*** Opening of Supplied data ***

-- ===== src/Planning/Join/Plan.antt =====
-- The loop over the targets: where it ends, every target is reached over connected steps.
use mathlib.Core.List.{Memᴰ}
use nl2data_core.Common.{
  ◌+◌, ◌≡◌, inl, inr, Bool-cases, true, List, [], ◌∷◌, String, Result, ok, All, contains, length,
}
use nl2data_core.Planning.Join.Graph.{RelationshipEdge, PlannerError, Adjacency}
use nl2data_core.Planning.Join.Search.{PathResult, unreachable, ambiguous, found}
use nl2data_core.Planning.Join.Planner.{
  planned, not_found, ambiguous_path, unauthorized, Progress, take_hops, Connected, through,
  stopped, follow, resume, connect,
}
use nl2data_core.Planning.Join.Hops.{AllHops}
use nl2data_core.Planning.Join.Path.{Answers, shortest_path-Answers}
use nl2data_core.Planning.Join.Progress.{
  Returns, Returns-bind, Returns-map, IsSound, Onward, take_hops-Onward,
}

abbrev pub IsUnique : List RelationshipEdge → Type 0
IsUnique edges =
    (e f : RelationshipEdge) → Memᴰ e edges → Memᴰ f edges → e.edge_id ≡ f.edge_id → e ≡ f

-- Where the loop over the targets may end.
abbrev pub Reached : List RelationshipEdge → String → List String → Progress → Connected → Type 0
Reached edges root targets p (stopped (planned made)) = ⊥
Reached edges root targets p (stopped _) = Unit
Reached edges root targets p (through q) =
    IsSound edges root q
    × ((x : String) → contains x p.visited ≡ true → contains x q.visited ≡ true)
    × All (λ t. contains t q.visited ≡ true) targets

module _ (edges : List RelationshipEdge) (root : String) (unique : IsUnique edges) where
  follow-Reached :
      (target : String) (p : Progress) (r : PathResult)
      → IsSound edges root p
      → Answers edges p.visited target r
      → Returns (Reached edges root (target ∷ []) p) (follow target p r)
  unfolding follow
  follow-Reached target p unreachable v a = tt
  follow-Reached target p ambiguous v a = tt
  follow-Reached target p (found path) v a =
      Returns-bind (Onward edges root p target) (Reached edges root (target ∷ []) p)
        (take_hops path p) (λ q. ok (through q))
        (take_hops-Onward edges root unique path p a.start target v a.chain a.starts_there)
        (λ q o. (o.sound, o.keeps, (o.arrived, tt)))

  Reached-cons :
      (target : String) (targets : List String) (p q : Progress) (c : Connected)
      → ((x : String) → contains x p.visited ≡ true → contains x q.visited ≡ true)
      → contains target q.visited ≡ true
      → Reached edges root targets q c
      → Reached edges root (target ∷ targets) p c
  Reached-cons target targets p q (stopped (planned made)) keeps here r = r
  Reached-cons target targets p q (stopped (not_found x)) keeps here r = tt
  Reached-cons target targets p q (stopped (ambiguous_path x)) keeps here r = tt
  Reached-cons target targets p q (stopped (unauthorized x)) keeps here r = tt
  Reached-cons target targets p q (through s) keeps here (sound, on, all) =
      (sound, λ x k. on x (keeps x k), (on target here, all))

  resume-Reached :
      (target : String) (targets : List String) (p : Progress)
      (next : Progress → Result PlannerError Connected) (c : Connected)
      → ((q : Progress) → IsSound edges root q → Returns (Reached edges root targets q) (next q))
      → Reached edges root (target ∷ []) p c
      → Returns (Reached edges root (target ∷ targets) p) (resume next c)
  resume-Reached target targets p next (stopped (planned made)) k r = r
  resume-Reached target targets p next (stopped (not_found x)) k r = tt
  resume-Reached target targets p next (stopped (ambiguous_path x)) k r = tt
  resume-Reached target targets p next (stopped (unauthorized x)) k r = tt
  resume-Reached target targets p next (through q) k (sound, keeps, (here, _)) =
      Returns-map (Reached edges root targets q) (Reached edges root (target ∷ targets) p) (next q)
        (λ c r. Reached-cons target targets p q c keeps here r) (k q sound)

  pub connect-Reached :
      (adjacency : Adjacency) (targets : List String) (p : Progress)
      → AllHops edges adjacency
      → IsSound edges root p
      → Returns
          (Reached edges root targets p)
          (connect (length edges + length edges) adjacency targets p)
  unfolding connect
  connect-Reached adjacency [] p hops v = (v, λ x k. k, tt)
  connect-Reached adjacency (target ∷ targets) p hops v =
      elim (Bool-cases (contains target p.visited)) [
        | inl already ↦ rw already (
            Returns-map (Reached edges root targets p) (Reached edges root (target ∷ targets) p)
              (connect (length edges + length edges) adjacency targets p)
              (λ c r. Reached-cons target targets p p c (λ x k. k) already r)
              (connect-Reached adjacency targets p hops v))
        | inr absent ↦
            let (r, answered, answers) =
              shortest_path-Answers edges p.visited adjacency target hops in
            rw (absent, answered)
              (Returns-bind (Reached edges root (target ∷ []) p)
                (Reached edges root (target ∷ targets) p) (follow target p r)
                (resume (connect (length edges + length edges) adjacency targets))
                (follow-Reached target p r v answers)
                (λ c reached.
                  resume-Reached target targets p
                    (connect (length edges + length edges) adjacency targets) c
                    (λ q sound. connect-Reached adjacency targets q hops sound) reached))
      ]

*** Close of Supplied data ***
*** Opening of Supplied data ***

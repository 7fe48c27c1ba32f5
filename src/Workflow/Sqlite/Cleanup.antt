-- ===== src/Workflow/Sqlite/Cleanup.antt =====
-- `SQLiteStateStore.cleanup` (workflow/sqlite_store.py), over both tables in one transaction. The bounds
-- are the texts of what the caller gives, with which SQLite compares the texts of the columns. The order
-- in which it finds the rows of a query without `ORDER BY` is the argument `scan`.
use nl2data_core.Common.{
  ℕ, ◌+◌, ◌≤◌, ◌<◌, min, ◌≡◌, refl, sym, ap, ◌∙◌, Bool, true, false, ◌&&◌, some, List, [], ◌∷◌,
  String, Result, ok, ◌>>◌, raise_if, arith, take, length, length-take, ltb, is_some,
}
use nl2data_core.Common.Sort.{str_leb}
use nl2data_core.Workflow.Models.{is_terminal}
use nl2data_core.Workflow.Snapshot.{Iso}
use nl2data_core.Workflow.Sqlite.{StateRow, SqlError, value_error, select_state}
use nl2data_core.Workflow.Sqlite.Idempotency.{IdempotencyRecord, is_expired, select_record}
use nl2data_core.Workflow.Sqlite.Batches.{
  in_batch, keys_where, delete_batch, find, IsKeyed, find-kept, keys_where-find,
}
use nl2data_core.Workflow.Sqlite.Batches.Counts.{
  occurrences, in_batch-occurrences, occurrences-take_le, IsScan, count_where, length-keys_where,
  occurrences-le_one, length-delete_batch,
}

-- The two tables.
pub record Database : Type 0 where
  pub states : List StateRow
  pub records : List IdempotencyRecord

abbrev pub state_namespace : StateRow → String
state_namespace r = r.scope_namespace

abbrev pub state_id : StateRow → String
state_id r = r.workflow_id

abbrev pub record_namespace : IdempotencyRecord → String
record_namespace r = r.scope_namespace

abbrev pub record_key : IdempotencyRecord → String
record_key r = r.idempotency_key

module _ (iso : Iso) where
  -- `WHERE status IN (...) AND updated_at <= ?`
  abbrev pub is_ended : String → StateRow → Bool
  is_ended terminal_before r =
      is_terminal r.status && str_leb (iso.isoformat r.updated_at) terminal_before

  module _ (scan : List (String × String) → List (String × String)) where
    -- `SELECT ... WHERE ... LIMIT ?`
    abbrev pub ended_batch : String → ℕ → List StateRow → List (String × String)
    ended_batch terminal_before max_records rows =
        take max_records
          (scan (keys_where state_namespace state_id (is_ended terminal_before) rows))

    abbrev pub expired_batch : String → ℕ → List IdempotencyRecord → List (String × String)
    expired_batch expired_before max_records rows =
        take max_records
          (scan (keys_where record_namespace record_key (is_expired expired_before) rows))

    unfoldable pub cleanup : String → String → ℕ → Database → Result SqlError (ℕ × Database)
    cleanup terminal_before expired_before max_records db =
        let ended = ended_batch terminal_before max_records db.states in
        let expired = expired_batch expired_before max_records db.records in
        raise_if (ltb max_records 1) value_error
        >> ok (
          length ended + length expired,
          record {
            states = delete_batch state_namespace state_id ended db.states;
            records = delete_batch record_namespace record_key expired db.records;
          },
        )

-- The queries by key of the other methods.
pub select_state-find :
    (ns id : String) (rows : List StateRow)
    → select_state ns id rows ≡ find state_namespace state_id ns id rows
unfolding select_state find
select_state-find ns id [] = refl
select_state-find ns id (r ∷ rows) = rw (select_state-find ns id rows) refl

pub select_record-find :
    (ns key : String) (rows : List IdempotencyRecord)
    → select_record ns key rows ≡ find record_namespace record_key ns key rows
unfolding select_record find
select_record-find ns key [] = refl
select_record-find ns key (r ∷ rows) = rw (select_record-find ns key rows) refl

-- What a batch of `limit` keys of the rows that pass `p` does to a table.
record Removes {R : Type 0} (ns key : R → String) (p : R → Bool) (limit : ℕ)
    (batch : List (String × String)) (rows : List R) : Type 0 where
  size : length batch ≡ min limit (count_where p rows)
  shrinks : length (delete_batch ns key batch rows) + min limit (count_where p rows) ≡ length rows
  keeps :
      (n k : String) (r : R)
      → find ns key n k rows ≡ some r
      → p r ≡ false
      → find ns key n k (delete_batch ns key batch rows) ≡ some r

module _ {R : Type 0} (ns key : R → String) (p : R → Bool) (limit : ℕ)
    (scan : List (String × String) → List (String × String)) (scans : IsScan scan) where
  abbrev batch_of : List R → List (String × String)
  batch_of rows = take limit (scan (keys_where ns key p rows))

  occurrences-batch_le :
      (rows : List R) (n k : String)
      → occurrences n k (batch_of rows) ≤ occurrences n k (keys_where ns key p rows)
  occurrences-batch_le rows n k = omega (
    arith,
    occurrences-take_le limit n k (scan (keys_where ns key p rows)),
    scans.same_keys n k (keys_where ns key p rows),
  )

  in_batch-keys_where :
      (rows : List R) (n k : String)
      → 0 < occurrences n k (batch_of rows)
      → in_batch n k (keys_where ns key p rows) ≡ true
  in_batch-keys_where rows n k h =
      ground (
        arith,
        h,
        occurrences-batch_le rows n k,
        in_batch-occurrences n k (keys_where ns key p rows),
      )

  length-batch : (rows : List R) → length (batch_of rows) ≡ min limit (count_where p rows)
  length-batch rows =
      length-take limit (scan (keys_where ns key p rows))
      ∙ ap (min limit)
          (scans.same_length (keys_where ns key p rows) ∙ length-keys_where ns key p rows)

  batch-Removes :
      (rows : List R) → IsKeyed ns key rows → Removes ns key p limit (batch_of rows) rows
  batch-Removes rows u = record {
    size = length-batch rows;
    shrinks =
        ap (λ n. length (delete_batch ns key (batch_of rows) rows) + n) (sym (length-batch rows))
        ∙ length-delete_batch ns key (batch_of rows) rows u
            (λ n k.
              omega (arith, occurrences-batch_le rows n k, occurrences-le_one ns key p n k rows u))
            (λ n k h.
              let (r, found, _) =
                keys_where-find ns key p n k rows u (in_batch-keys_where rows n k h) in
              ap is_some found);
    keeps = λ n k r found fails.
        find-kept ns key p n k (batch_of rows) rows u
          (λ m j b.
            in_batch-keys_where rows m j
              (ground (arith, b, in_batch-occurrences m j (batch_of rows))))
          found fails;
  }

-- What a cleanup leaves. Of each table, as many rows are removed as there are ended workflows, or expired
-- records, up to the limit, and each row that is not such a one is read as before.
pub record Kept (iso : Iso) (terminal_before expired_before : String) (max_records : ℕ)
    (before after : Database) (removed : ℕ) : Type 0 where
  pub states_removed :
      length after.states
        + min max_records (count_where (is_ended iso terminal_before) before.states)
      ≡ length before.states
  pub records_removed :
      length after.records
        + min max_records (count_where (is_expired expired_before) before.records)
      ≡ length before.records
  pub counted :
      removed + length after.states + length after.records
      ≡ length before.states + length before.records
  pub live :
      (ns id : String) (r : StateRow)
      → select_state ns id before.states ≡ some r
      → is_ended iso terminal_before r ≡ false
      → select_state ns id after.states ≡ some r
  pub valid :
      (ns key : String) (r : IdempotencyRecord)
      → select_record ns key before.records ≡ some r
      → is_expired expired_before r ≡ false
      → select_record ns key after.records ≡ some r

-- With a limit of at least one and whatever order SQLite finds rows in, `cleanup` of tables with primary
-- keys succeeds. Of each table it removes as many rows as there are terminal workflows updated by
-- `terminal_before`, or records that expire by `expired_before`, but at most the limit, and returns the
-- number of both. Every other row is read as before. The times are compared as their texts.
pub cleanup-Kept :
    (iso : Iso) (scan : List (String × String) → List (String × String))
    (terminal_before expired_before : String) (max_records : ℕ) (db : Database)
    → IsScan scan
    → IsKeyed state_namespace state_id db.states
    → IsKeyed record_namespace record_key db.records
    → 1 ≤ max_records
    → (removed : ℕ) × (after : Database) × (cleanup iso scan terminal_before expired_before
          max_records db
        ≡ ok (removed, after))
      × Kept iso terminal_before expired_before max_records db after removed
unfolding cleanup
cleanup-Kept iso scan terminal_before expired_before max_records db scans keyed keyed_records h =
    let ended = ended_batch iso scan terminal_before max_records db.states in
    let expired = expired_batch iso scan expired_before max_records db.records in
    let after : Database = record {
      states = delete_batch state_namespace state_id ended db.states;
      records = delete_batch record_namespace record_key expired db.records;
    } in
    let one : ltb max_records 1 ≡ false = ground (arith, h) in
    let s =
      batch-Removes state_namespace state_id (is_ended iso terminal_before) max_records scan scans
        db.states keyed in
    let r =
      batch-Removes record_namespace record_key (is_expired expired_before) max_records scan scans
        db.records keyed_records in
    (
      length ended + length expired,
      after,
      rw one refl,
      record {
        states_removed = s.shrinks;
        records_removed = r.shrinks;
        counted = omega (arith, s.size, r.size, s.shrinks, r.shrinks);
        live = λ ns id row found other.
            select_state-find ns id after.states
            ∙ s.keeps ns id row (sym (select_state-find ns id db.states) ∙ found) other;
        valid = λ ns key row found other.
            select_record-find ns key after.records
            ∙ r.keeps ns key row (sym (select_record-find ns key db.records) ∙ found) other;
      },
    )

*** Close of Supplied data ***

Task requirements: Determine how many lines in the entries hold the string "IsScan". Write only the number.

Exercise result: 3